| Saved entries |
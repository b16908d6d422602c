-- ===== src/Config/Expand/Totality.antt =====
-- The expansion ends, and leaves a text without references alone: internal/config/expand.go.
use smtp_auth_proxy.Prelude.{
  ℕ, option_cases, zero, suc, ◌≤◌, ◌≡◌, refl, ap, ◌∙◌, subst, ◌≢◌, ◌⊎◌, inl, inr, Bool, true, false,
  not, ◌||◌, Option, none, some, ◌∷◌, arith, ◌==◌, if_cases, length, [],
}
use smtp_auth_proxy.Strings.{Str, cut, contains_byte}
use smtp_auth_proxy.Config.Expand.{
  Environment, ExpandError, Expansion, expanded, refused, out_of_fuel, Mode, plain, comment,
  next_mode, is_escape, in_comment, prefixed, dollar, opening, closing, newline, hash, resolve,
  turn, step, expand_from, expand, unterminated,
}

-- The expansion is an answer of the source.
abbrev pub IsAnswer : Expansion → Type 0
IsAnswer r = r ≢ out_of_fuel

prefixed-IsAnswer : (s : Str) (r : Expansion) → IsAnswer r → IsAnswer (prefixed s r)
prefixed-IsAnswer s (expanded t) h e = cc
prefixed-IsAnswer s (refused x) h e = cc
prefixed-IsAnswer s out_of_fuel h e = h refl

expanded-IsAnswer : (s : Str) → IsAnswer (expanded s)
expanded-IsAnswer s e = cc

refused-IsAnswer : (x : ExpandError) → IsAnswer (refused x)
refused-IsAnswer x e = cc

abbrev Short : ℕ → Option (Str × Str) → Type 0
Short n none = Unit
Short n (some p) = length p.1 ≤ n

longer :
    (x n : ℕ) (o : Option (Str × Str))
    → Short n o
    → Short (suc n) (elim o as (λ _. Option (Str × Str)) [
      | none ↦ none
      | some (before, after) ↦ some (x ∷ before, after)
    ])
longer x n none h = tt
longer x n (some p) h = omega (arith, h)

cut-Short : (s : Str) (c : ℕ) → Short (length s) (cut s c)
unfolding cut
cut-Short [] c = tt
cut-Short (x ∷ s) c =
    if_cases (Short (suc (length s))) (x == c) (λ _. omega arith)
      (λ _. longer x (length s) (cut s c) (cut-Short s c))

length-cut : (s : Str) (c : ℕ) {p : Str × Str} → cut s c ≡ some p → length p.1 ≤ length s
length-cut s c h = subst (Short (length s)) h (cut-Short s c)

neither : (a b : Bool) → (a || b) ≡ false → (a ≡ false) × (b ≡ false)
neither true b h = cc
neither false b h = (refl, h)

module _ (env : Environment) where
  -- `n` is the length that the rest of the loop can take.
  module _ (continue : Option ℕ → Mode → Str → Expansion) (n : ℕ)
      (ends : (previous : Option ℕ) (mode : Mode) (s : Str)
        → length s ≤ n
        → IsAnswer (continue previous mode s)) where
    continued :
        (prefix : Str) (previous : Option ℕ) (mode : Mode) (s : Str)
        → length s ≤ n
        → IsAnswer (prefixed prefix (continue previous mode s))
    continued prefix previous mode s h =
        prefixed-IsAnswer prefix (continue previous mode s) (ends previous mode s h)

    turn-IsAnswer :
        (mode : Mode) (c : ℕ) (s : Str) → length s ≤ n → IsAnswer (turn env continue mode c s)
    unfolding turn
    turn-IsAnswer mode c [] h =
        if_cases IsAnswer (in_comment mode || not (c == dollar))
          (λ _. continued (c ∷ []) (some c) mode [] h)
          (λ _. continued (dollar ∷ []) (some c) mode [] h)
    turn-IsAnswer mode c (d ∷ rest) h =
        let short : length rest ≤ n = omega arith in
        if_cases IsAnswer (in_comment mode || not (c == dollar))
          (λ _. continued (c ∷ []) (some c) mode (d ∷ rest) h)
          (λ _.
            if_cases IsAnswer (d == dollar)
              (λ _. continued (dollar ∷ []) (some dollar) mode rest short)
              (λ _.
                if_cases IsAnswer (not (d == opening))
                  (λ _. continued (dollar ∷ []) (some c) mode (d ∷ rest) h)
                  (λ _.
                    option_cases IsAnswer (cut rest closing) (λ _. refused-IsAnswer unterminated)
                      (λ p e.
                        by_value p.1 (resolve env p.0)
                          (omega (arith, length-cut rest closing e, short))))))
      where
        by_value :
            (later : Str) (o : ExpandError ⊎ Str)
            → length later ≤ n
            → IsAnswer (elim o [
              | inl e ↦ refused e
              | inr value ↦ prefixed value (continue (some closing) mode later)
            ])
        by_value later (inl x) k = refused-IsAnswer x
        by_value later (inr value) k = continued value (some closing) mode later k

    step-IsAnswer :
        (previous : Option ℕ) (mode : Mode) (c : ℕ) (s : Str)
        → length s ≤ n
        → IsAnswer (step env continue previous mode c s)
    unfolding step
    step-IsAnswer previous mode c [] h = turn-IsAnswer (next_mode mode previous c) c [] h
    step-IsAnswer previous mode c (d ∷ s) h =
        if_cases IsAnswer (is_escape mode c d)
          (λ _. continued (c ∷ d ∷ []) (some d) mode s (omega arith))
          (λ _. turn-IsAnswer (next_mode mode previous c) c (d ∷ s) h)

  expand_from-IsAnswer :
      (fuel : ℕ) (previous : Option ℕ) (mode : Mode) (s : Str)
      → length s ≤ fuel
      → IsAnswer (expand_from env fuel previous mode s)
  unfolding expand_from
  expand_from-IsAnswer fuel previous mode [] h = expanded-IsAnswer []
  expand_from-IsAnswer zero previous mode (c ∷ s) h = absurd (omega (arith, h))
  expand_from-IsAnswer (suc fuel) previous mode (c ∷ s) h =
      step-IsAnswer (expand_from env fuel) fuel (expand_from-IsAnswer fuel) previous mode c s
        (omega (arith, h))

  -- Whatever the text of the configuration, the variables and the files, the loop that expands
  -- references ends with a text or an error: the fuel that it is given, one turn for each byte of
  -- the text, is never used up.
  pub expand-IsAnswer : (raw : Str) → IsAnswer (expand env raw)
  unfolding expand
  expand-IsAnswer raw = expand_from-IsAnswer (length raw) none plain raw (omega arith)

  -- A text without a dollar sign.
  plain_turn :
      (continue : Option ℕ → Mode → Str → Expansion) (mode : Mode) (c : ℕ) (s : Str)
      → (c == dollar) ≡ false
      → turn env continue mode c s ≡ prefixed (c ∷ []) (continue (some c) mode s)
  unfolding turn
  plain_turn continue mode c s h =
      if_cases (λ r. r ≡ prefixed (c ∷ []) (continue (some c) mode s))
        (in_comment mode || not (c == dollar)) (λ _. refl) (λ f. ground arith)

  expand_from_plain :
      (fuel : ℕ) (previous : Option ℕ) (mode : Mode) (s : Str)
      → length s ≤ fuel
      → contains_byte s dollar ≡ false
      → expand_from env fuel previous mode s ≡ expanded s
  unfolding expand_from step contains_byte
  expand_from_plain fuel previous mode [] h n = refl
  expand_from_plain zero previous mode (c ∷ s) h n = absurd (omega (arith, h))
  expand_from_plain (suc fuel) previous mode (c ∷ []) h n =
      plain_turn (expand_from env fuel) (next_mode mode previous c) c []
        (neither (c == dollar) false n).0
      ∙ ap (prefixed (c ∷ []))
          (expand_from_plain fuel (some c) (next_mode mode previous c) [] (omega arith) refl)
  expand_from_plain (suc fuel) previous mode (c ∷ d ∷ s) h n =
      let (n0, n1) = neither (c == dollar) (contains_byte (d ∷ s) dollar) n in
      let (n2, n3) = neither (d == dollar) (contains_byte s dollar) n1 in
      if_cases (λ r. r ≡ expanded (c ∷ d ∷ s)) (is_escape mode c d)
        (λ _.
          ap (prefixed (c ∷ d ∷ [])) (expand_from_plain fuel (some d) mode s (omega (arith, h)) n3))
        (λ _.
          plain_turn (expand_from env fuel) (next_mode mode previous c) c (d ∷ s) n0
          ∙ ap (prefixed (c ∷ [])) (
              expand_from_plain fuel (some c) (next_mode mode previous c) (d ∷ s) (omega (arith, h))
                n1))

  -- A text without a dollar sign is its own expansion, whatever the environment.
  pub expand_plain : (raw : Str) → contains_byte raw dollar ≡ false → expand env raw ≡ expanded raw
  unfolding expand
  expand_plain raw n = expand_from_plain (length raw) none plain raw (omega arith) n

  stays :
      (previous : Option ℕ) (c : ℕ)
      → (c == newline) ≡ false
      → next_mode comment previous c ≡ comment
  unfolding next_mode
  stays previous c h = ground arith

  -- A turn in a comment.
  comment_turn :
      (continue : Option ℕ → Mode → Str → Expansion) (previous : Option ℕ) (c : ℕ) (s : Str)
      → (c == newline) ≡ false
      → continue (some c) comment s ≡ expanded s
      → turn env continue (next_mode comment previous c) c s ≡ expanded (c ∷ s)
  unfolding turn
  comment_turn continue previous c s h e =
      ap (λ m. turn env continue m c s) (stays previous c h) ∙ ap (prefixed (c ∷ [])) e

  expand_from_comment :
      (fuel : ℕ) (previous : Option ℕ) (s : Str)
      → length s ≤ fuel
      → contains_byte s newline ≡ false
      → expand_from env fuel previous comment s ≡ expanded s
  unfolding expand_from step contains_byte is_escape
  expand_from_comment fuel previous [] h n = refl
  expand_from_comment zero previous (c ∷ s) h n = absurd (omega (arith, h))
  expand_from_comment (suc fuel) previous (c ∷ []) h n =
      comment_turn (expand_from env fuel) previous c [] (neither (c == newline) false n).0
        (expand_from_comment fuel (some c) [] (omega arith) refl)
  expand_from_comment (suc fuel) previous (c ∷ d ∷ s) h n =
      let (n0, n1) = neither (c == newline) (contains_byte (d ∷ s) newline) n in
      comment_turn (expand_from env fuel) previous c (d ∷ s) n0
        (expand_from_comment fuel (some c) (d ∷ s) (omega (arith, h)) n1)

  -- A comment without a newline that starts the text is its own expansion, whatever the
  -- environment: a reference in it is neither looked up nor an error.
  pub expand_comment :
      (s : Str) → contains_byte s newline ≡ false → expand env (hash ∷ s) ≡ expanded (hash ∷ s)
  unfolding expand expand_from step next_mode is_escape turn
  expand_comment [] n = refl
  expand_comment (d ∷ s) n =
      ap (prefixed (hash ∷ []))
        (expand_from_comment (length (d ∷ s)) (some hash) (d ∷ s) (omega arith) n)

| About this exercise |
Print again the lines of the entries above that fall between the line holding "s dollar ≡ false" and the line holding "comment_turn continue previous", inclusive, exactly as they stand.

| Solution for this task |
      → contains_byte s dollar ≡ false
      → expand_from env fuel previous mode s ≡ expanded s
  unfolding expand_from step contains_byte
  expand_from_plain fuel previous mode [] h n = refl
  expand_from_plain zero previous mode (c ∷ s) h n = absurd (omega (arith, h))
  expand_from_plain (suc fuel) previous mode (c ∷ []) h n =
      plain_turn (expand_from env fuel) (next_mode mode previous c) c []
        (neither (c == dollar) false n).0
      ∙ ap (prefixed (c ∷ []))
          (expand_from_plain fuel (some c) (next_mode mode previous c) [] (omega arith) refl)
  expand_from_plain (suc fuel) previous mode (c ∷ d ∷ s) h n =
      let (n0, n1) = neither (c == dollar) (contains_byte (d ∷ s) dollar) n in
      let (n2, n3) = neither (d == dollar) (contains_byte s dollar) n1 in
      if_cases (λ r. r ≡ expanded (c ∷ d ∷ s)) (is_escape mode c d)
        (λ _.
          ap (prefixed (c ∷ d ∷ [])) (expand_from_plain fuel (some d) mode s (omega (arith, h)) n3))
        (λ _.
          plain_turn (expand_from env fuel) (next_mode mode previous c) c (d ∷ s) n0
          ∙ ap (prefixed (c ∷ [])) (
              expand_from_plain fuel (some c) (next_mode mode previous c) (d ∷ s) (omega (arith, h))
                n1))

  -- A text without a dollar sign is its own expansion, whatever the environment.
  pub expand_plain : (raw : Str) → contains_byte raw dollar ≡ false → expand env raw ≡ expanded raw
  unfolding expand
  expand_plain raw n = expand_from_plain (length raw) none plain raw (omega arith) n

  stays :
      (previous : Option ℕ) (c : ℕ)
      → (c == newline) ≡ false
      → next_mode comment previous c ≡ comment
  unfolding next_mode
  stays previous c h = ground arith

  -- A turn in a comment.
  comment_turn :
      (continue : Option ℕ → Mode → Str → Expansion) (previous : Option ℕ) (c : ℕ) (s : Str)
      → (c == newline) ≡ false
      → continue (some c) comment s ≡ expanded s
      → turn env continue (next_mode comment previous c) c s ≡ expanded (c ∷ s)
  unfolding turn
  comment_turn continue previous c s h e =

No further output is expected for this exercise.